Last, students who reported regular media-related extramural English contact were asked why they chose to engage in said extramural contact. Overall, 1,857 valid answers were recorded. Answers to the open-ended question were again analyzed using the free version of the software QDA Miner 5.0 (Provalis Research, Released 2016). Through content analysis, 28 categories were derived from the textual data and summarized into nine main categories: quality, exclusivity, internationality, convenience, appreciation for English, appreciation for the original, language learning, external influence, and other reasons (see the electronic supplementary material for the coding manual). To increase the reliability, two additional coders re-coded the first n = 150 answers in the dataset. Inter-coder-agreement between the author and the two coders, measured as Brennan and Prediger’s kappa (κn), was satisfactory and substantial (Coder 1: κn = .63; Coder 2: κn = .71; Rädiker & Kuckartz, 2019). Quotes chosen for this publication will be corrected for spelling mistakes and translated into English by the author.

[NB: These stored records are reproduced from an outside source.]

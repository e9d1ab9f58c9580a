-- ===== src/Operator/Kube/Order.antt =====
-- Steps whose writes are known one by one.
use kubecp.Common.{◌≡◌, ap, List, [], ◌∷◌, ◌++◌}
use kubecp.Common.Exec.{Result, ok, err, convert, Keeps}
use kubecp.Common.Leads.{Leads}
use kubecp.Operator.Data.{Error}
use kubecp.Operator.Kube.{Kube, Cluster, Write, failed, reading, writing}

-- Exactly these writes are on record, the first in front.
abbrev pub HasWritten : {State : Type 0} → List Write → Cluster State → Type 0
HasWritten l w = w.writes ≡ l

module _ (k : Kube) {A : Type 0} where
  read :
      (s : Result Error A × k.State) (l l' : List Write)
      → l ≡ l'
      → HasWritten l' (convert failed (s.0, record { state = s.1; writes = l })).1
  read (ok a, s) l l' h = h
  read (err e, s) l l' h = h

  pub reading-HasWritten :
      (l : List Write) (f : k.State → Result Error A × k.State) → Keeps (HasWritten l) (reading k f)
  unfolding reading
  reading-HasWritten l f = record { at = λ w h. read (f w.state) w.writes l h }

  pub writing-HasWritten :
      (l : List Write) (x : Write) (f : k.State → Result Error A × k.State)
      → Leads (HasWritten l) (HasWritten (l ++ x ∷ [])) (writing k x f)
  unfolding writing
  writing-HasWritten l x f = record {
    to = λ w h. read (f w.state) (w.writes ++ x ∷ []) (l ++ x ∷ []) (ap (λ m. m ++ x ∷ []) h);
  }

It should be mentioned that nine students stated that they only engage in regular out-of-school English contact for homework. In addition, five students said they did not engage in extramural English contact at all, even though their previous answers had activated the filter for the follow-up question. These two groups are worrisome since only students who reported at least occasional extramural contact in the entry questions were shown this follow-up question. This points towards possible misunderstandings within the questionnaire or false declarations. In-depth analysis of these students revealed that four of them seem to have stated that they read books in English at least 1–3 times per year, even though they later stated to only do so for school, which the entry question specifically instructed not to count. For the rest of the cases, the data does not provide any conclusive explanation as to why they said not to engage in voluntary extramural English contact. Most of them had selected regular extramural contact via the internet (surfing and watching videos). They might not have counted these as relevant contacts for the open-ended question. However, this is speculation. No such misunderstanding had occurred during the pilot and was therefore not anticipated for the field phase.

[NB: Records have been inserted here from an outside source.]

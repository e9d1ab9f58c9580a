-- ===== src/Operator/Users.antt =====
-- hosting-operator/internal/controller/sftp_volumes.go: the users whose volumes the SFTP server mounts: the owners of the websites, each once, in order.
pub mod Laws
use Prim.Native.Char.{code}
use Prim.Native.String.{[], ◌∷◌}
use kubecp.Common.{
  String, ◌<>◌, str_eq, Bool, true, false, ltb, ◌==◌, ◌||◌, ◌&&◌, List, [], ◌∷◌, any, if◌then◌else◌,
}
use kubecp.Common.Text.{is_empty}
use kubecp.Operator.Data.{label, Website}

-- The owner of a website, or "" if it has none.
abbrev pub owner_of : Website → String
owner_of site =
    if is_empty site.spec.owner then label "hosting.panel/user" site.labels else site.spec.owner

-- The set of the owners, as a list.
unfoldable pub user_set : List Website → List String
user_set [] = []
user_set (site ∷ sites) =
    let rest = user_set sites in
    let owner = owner_of site in
    if is_empty owner || any (λ u. str_eq u owner) rest then rest else owner ∷ rest

-- `a <= b` on texts: the order of the code points, which is the order of the bytes in UTF-8.
unfoldable pub str_leb : String → String → Bool
str_leb [] t = true
str_leb (c ∷ s) [] = false
str_leb (c ∷ s) (d ∷ t) =
    let rest = str_leb s t in if ltb (code c) (code d) then true else code c == code d && rest

unfoldable pub insert : String → List String → List String
insert x [] = x ∷ []
insert x (y ∷ ys) = let rest = insert x ys in if str_leb x y then x ∷ y ∷ ys else y ∷ rest

-- `sort.Strings`
unfoldable pub sort : List String → List String
sort [] = []
sort (x ∷ xs) = insert x (sort xs)

unfoldable pub users_of : List Website → List String
users_of sites = sort (user_set sites)

-- `strings.Join(users, ",")`
unfoldable pub join : List String → String
join [] = ""
join (x ∷ []) = x
join (x ∷ y ∷ rest) = x <> "," <> join (y ∷ rest)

The media questionnaire underwent piloting in both Germany and Switzerland before the final field phase. Qualitative think-aloud interviews with 20 students (10 Germany, 10 Switzerland) were conducted. The sessions were audio-recorded with the permission of the students. After the first round of qualitative piloting with 10 Swiss students, changes were made to the scaling of the entry question. In the first draft, the entry questions were scaled on a 4-point scale ((almost) never—rarely- often—very often). This was followed by in-depth questions for each media category for which students would have reported regular extramural contact on a 5-point scale (never—1 to 3 times per year—1 to 3 times per month—1 to 3 times per week—(almost) daily). Students pointed out the ambiguity of the first scale (e.g., what does ‘often’ mean?) and the duplication. Therefore, the questionnaire was shortened to contain only the one 5-point scale entry question presented in Table 5.2.

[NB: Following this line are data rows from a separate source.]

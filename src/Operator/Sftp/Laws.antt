-- ===== src/Operator/Sftp/Laws.antt =====
-- On the synchronisation of the SFTP deployment in sftp_volumes.go.
use text.Mathlib.TextPositions.{starts_with-append}
use kubecp.Common.{
  String, ◌<>◌, str_eq, ◌≡◌, refl, ap, Bool, false, not, some, List, [], ◌∷◌, ◌++◌, map, keep,
  keep-append, keep-idempotent, keep-map, append_nil, inl, inr, Bool-cases, eq_refl,
}
use kubecp.Common.Exec.{ok, pure}
use kubecp.Operator.Data.{Labels, Volume, VolumeMount, Container, Deployment}
use kubecp.Operator.Kube.{Kube, Cluster}
use kubecp.Operator.Volumes.{Environment}
use kubecp.Operator.Users.{join}
use kubecp.Operator.Sftp.{
  is_user_volume, volume_of, mount_of, with_volumes, with_mounts, with_container, set_label,
  with_users, sync_found, sftp_users_key,
}

-- What is kept and appended once is found again.
again :
    {A B : Type 0} (p : A → Bool) (f : B → A)
    → ((b : B) → p (f b) ≡ false)
    → (xs : List A) (bs : List B)
    → keep p (keep p xs ++ map f bs) ++ map f bs ≡ keep p xs ++ map f bs
again p f h xs bs = rw (
  keep-append p (keep p xs) (map f bs),
  keep-idempotent p xs,
  keep-map p f h bs,
  append_nil (keep p xs),
)

prefixed : (u : String) → not (is_user_volume ("uv-" <> u)) ≡ false
prefixed u = ap not (starts_with-append "uv-" u)

with_volumes_again :
    (env : Environment) (users : List String) (vs : List Volume)
    → with_volumes env users (with_volumes env users vs) ≡ with_volumes env users vs
unfolding with_volumes
with_volumes_again env users vs = again _ (volume_of env) prefixed vs users

with_mounts_again :
    (users : List String) (ms : List VolumeMount)
    → with_mounts users (with_mounts users ms) ≡ with_mounts users ms
unfolding with_mounts
with_mounts_again users ms = again _ mount_of prefixed ms users

with_container_again :
    (users : List String) (cs : List Container)
    → with_container users (with_container users cs) ≡ with_container users cs
unfolding with_container
with_container_again users [] = refl
with_container_again users (c ∷ cs) = elim (Bool-cases (str_eq c.name "sftp")) [
  | inl e ↦ rw (e, with_container, e, with_mounts_again users c.mounts)
  | inr e ↦ rw (e, with_container, e, with_container_again users cs)
]

set_label_again :
    (key value : String) (l : Labels)
    → set_label key value (set_label key value l) ≡ set_label key value l
set_label_again key value l = rw (eq_refl key, keep-idempotent (λ x. not (str_eq x.0 key)) l)

-- Adding the users' volumes to a deployment that has them changes nothing.
with_users_idempotent :
    (env : Environment) (users : List String) (d : Deployment)
    → with_users env users (with_users env users d) ≡ with_users env users d
unfolding with_users
with_users_idempotent env users d = rw (
  with_volumes_again env users d.template.volumes,
  with_container_again users d.template.containers,
  set_label_again sftp_users_key (join users) d.template.annotations,
)

-- A deployment that was synchronised for these users is not written again.
pub sync_found_settles :
    (k : Kube) (env : Environment) (users : List String) (d : Deployment) (w : Cluster k.State)
    → sync_found k env users (some (with_users env users d)) w ≡ (ok tt, w)
unfolding sync_found with_users pure
sync_found_settles k env users d w = rw (eq_refl (join users))
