-- ===== src/Operator/Tests.antt =====
-- The operator at concrete clusters.
mod Sample
mod Runs
mod Witnesses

In addition, examples were added for the category TV shows and the category surfing the internet. For the follow-up question for reading, the scale for the number of books was changed to cover a greater number of books. For hours spent surfing, watching movies, TV series, TV shows, and gaming, descriptions were added to clarify the question. The changed questionnaire was again tested with 10 German students. These interviews revealed no further misunderstandings.